### [What is expected]
For this exercise, return exactly the lines of the material below that begin at the one with "known ← is_exist t id" and stop after the one with "-- ===== src/PTable/Invariant.antt".
:: Entries shown
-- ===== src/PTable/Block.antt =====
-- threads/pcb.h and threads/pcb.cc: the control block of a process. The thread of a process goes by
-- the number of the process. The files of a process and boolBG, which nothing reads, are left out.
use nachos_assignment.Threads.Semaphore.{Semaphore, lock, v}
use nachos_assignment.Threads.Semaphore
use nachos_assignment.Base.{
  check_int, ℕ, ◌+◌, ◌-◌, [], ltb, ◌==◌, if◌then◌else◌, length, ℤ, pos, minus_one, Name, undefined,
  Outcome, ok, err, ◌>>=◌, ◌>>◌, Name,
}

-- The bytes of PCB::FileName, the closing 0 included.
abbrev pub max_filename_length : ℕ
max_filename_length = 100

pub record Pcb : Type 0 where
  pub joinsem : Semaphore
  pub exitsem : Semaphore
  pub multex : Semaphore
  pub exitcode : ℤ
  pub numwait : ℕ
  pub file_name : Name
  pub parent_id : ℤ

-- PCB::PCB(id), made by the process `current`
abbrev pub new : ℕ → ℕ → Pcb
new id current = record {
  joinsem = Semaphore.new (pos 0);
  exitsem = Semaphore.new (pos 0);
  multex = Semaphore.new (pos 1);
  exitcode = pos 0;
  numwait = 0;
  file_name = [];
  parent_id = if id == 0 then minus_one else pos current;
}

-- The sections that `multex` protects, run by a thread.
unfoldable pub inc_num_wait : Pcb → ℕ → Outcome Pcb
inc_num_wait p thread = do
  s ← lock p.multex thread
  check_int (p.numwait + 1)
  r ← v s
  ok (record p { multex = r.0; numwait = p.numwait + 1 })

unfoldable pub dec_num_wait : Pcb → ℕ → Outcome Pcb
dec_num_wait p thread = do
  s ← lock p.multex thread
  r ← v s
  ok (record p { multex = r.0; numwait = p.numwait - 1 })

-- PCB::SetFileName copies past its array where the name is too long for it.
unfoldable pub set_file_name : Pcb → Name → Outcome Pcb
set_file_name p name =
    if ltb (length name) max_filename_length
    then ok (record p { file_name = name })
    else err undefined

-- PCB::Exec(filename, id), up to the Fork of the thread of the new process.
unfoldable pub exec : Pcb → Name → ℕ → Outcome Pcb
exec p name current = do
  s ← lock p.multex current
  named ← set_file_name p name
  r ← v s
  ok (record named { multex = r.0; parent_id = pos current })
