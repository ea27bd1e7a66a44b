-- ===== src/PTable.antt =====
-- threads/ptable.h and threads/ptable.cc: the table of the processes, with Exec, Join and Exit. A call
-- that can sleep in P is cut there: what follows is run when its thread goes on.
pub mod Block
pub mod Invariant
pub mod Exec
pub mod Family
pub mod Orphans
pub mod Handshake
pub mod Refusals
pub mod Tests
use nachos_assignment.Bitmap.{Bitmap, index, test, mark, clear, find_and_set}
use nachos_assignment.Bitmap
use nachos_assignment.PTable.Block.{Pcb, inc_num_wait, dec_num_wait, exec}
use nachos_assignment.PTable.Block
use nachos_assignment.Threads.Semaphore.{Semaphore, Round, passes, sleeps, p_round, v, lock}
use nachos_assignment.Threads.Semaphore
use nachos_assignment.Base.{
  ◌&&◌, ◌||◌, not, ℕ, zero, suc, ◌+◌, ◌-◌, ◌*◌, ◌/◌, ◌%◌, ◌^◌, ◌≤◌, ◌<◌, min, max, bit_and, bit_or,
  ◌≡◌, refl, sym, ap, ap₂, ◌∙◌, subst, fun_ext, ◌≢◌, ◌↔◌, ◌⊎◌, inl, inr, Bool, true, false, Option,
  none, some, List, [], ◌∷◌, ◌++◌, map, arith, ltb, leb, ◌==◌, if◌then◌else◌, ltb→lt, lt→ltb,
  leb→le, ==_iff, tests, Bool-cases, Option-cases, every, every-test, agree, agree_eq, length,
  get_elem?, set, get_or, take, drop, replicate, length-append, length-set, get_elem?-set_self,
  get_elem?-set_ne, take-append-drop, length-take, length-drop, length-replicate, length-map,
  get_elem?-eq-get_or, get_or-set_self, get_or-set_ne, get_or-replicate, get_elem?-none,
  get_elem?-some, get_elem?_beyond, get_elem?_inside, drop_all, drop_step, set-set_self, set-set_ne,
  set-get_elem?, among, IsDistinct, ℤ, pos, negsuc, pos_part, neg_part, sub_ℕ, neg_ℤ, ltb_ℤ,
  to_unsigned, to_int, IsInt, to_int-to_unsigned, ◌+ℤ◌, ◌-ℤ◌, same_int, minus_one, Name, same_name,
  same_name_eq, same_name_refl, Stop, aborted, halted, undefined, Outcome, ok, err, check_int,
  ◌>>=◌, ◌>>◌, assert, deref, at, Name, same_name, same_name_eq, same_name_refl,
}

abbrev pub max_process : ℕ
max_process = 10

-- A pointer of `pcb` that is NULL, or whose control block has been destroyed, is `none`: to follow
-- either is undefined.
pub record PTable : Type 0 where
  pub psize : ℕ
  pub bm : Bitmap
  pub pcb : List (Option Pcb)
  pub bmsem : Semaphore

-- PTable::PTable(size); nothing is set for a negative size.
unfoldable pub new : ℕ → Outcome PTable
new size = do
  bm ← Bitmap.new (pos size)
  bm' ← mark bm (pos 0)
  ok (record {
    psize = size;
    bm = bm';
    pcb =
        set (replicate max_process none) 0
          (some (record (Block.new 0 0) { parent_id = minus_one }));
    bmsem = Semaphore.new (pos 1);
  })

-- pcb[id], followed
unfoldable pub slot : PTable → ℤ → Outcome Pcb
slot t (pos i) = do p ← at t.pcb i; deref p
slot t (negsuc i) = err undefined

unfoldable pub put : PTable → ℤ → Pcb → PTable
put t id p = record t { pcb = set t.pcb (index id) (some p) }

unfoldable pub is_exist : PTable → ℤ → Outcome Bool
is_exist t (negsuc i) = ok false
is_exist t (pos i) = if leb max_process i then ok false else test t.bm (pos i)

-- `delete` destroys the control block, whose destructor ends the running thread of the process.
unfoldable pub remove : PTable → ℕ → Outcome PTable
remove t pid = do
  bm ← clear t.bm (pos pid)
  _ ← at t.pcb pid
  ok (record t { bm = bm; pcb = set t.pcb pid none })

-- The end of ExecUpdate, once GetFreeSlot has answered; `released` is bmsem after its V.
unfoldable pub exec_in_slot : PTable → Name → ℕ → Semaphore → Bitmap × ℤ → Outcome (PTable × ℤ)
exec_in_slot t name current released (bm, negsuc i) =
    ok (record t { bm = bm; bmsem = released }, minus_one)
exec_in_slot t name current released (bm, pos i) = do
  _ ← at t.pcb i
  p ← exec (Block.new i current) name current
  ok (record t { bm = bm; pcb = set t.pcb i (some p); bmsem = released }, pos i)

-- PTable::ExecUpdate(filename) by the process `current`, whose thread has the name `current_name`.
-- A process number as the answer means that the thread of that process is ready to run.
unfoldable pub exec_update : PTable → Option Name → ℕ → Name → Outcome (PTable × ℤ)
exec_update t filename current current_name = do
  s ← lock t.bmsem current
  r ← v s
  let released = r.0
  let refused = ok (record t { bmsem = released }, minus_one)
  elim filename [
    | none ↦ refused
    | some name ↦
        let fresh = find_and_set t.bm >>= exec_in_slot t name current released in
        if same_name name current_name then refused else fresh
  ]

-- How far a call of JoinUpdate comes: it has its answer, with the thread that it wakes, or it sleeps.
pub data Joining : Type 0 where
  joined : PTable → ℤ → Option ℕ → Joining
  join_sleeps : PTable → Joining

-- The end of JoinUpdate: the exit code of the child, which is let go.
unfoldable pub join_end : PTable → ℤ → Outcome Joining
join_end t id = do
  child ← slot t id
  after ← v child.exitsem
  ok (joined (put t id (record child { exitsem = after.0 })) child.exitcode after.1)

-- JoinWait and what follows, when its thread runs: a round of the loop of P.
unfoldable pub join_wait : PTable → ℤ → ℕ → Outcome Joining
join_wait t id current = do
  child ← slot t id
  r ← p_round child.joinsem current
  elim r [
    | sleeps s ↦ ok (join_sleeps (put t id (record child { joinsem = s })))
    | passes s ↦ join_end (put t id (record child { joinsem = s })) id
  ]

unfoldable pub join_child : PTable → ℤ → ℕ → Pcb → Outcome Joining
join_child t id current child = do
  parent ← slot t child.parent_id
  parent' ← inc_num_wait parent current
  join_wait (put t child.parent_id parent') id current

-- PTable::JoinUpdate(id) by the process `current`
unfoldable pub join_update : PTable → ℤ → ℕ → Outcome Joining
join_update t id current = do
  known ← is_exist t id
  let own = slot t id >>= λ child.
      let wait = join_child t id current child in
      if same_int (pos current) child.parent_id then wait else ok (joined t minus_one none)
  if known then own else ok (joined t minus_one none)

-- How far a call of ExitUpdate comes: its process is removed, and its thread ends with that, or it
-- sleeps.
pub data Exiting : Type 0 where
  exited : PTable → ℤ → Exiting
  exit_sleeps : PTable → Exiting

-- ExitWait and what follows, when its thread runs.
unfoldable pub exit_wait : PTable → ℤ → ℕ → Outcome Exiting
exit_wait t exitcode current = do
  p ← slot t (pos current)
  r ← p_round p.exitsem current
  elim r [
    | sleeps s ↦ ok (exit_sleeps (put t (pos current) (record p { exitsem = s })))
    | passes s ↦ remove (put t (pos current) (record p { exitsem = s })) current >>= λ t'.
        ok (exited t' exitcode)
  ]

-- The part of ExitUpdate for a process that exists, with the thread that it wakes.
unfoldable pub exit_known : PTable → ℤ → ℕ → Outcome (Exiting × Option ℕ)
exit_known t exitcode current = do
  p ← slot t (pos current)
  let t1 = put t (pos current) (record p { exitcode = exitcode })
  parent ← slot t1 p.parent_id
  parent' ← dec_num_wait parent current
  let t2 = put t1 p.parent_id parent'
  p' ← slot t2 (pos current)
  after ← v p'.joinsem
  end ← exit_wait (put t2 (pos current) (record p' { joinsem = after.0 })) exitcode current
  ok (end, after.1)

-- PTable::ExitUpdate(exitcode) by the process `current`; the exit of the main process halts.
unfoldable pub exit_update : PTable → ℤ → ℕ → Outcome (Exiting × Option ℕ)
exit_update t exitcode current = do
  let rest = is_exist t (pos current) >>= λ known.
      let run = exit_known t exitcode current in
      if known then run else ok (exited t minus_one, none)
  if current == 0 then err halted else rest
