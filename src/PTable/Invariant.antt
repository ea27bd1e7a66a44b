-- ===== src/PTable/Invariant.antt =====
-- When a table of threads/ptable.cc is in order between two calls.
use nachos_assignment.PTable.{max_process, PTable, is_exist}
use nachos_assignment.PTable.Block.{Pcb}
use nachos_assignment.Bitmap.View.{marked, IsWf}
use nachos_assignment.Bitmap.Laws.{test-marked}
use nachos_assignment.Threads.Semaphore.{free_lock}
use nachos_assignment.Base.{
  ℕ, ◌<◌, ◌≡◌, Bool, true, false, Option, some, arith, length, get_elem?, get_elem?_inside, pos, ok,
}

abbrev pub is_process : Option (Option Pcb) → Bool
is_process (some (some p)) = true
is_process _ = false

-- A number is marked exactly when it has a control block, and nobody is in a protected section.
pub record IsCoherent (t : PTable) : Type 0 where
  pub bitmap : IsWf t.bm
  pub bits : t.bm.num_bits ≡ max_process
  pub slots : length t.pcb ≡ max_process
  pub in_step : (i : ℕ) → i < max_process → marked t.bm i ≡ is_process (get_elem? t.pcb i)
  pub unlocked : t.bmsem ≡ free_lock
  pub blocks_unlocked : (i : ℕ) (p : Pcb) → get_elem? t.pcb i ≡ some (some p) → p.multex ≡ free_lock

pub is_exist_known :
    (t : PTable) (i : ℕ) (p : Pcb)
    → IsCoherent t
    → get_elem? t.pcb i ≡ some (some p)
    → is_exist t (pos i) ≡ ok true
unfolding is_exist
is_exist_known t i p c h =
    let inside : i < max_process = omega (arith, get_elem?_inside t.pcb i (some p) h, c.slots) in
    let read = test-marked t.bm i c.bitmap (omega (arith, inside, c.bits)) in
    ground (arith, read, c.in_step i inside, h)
::::
### [Exercise solution]
  known ← is_exist t id
  let own = slot t id >>= λ child.
      let wait = join_child t id current child in
      if same_int (pos current) child.parent_id then wait else ok (joined t minus_one none)
  if known then own else ok (joined t minus_one none)

-- How far a call of ExitUpdate comes: its process is removed, and its thread ends with that, or it
-- sleeps.
pub data Exiting : Type 0 where
  exited : PTable → ℤ → Exiting
  exit_sleeps : PTable → Exiting

-- ExitWait and what follows, when its thread runs.
unfoldable pub exit_wait : PTable → ℤ → ℕ → Outcome Exiting
exit_wait t exitcode current = do
  p ← slot t (pos current)
  r ← p_round p.exitsem current
  elim r [
    | sleeps s ↦ ok (exit_sleeps (put t (pos current) (record p { exitsem = s })))
    | passes s ↦ remove (put t (pos current) (record p { exitsem = s })) current >>= λ t'.
        ok (exited t' exitcode)
  ]

-- The part of ExitUpdate for a process that exists, with the thread that it wakes.
unfoldable pub exit_known : PTable → ℤ → ℕ → Outcome (Exiting × Option ℕ)
exit_known t exitcode current = do
  p ← slot t (pos current)
  let t1 = put t (pos current) (record p { exitcode = exitcode })
  parent ← slot t1 p.parent_id
  parent' ← dec_num_wait parent current
  let t2 = put t1 p.parent_id parent'
  p' ← slot t2 (pos current)
  after ← v p'.joinsem
  end ← exit_wait (put t2 (pos current) (record p' { joinsem = after.0 })) exitcode current
  ok (end, after.1)

-- PTable::ExitUpdate(exitcode) by the process `current`; the exit of the main process halts.
unfoldable pub exit_update : PTable → ℤ → ℕ → Outcome (Exiting × Option ℕ)
exit_update t exitcode current = do
  let rest = is_exist t (pos current) >>= λ known.
      let run = exit_known t exitcode current in
      if known then run else ok (exited t minus_one, none)
  if current == 0 then err halted else rest
filename src/PTable/Invariant.antt
repository ea27bd1e7a66a44b
-- ===== src/PTable/Invariant.antt =====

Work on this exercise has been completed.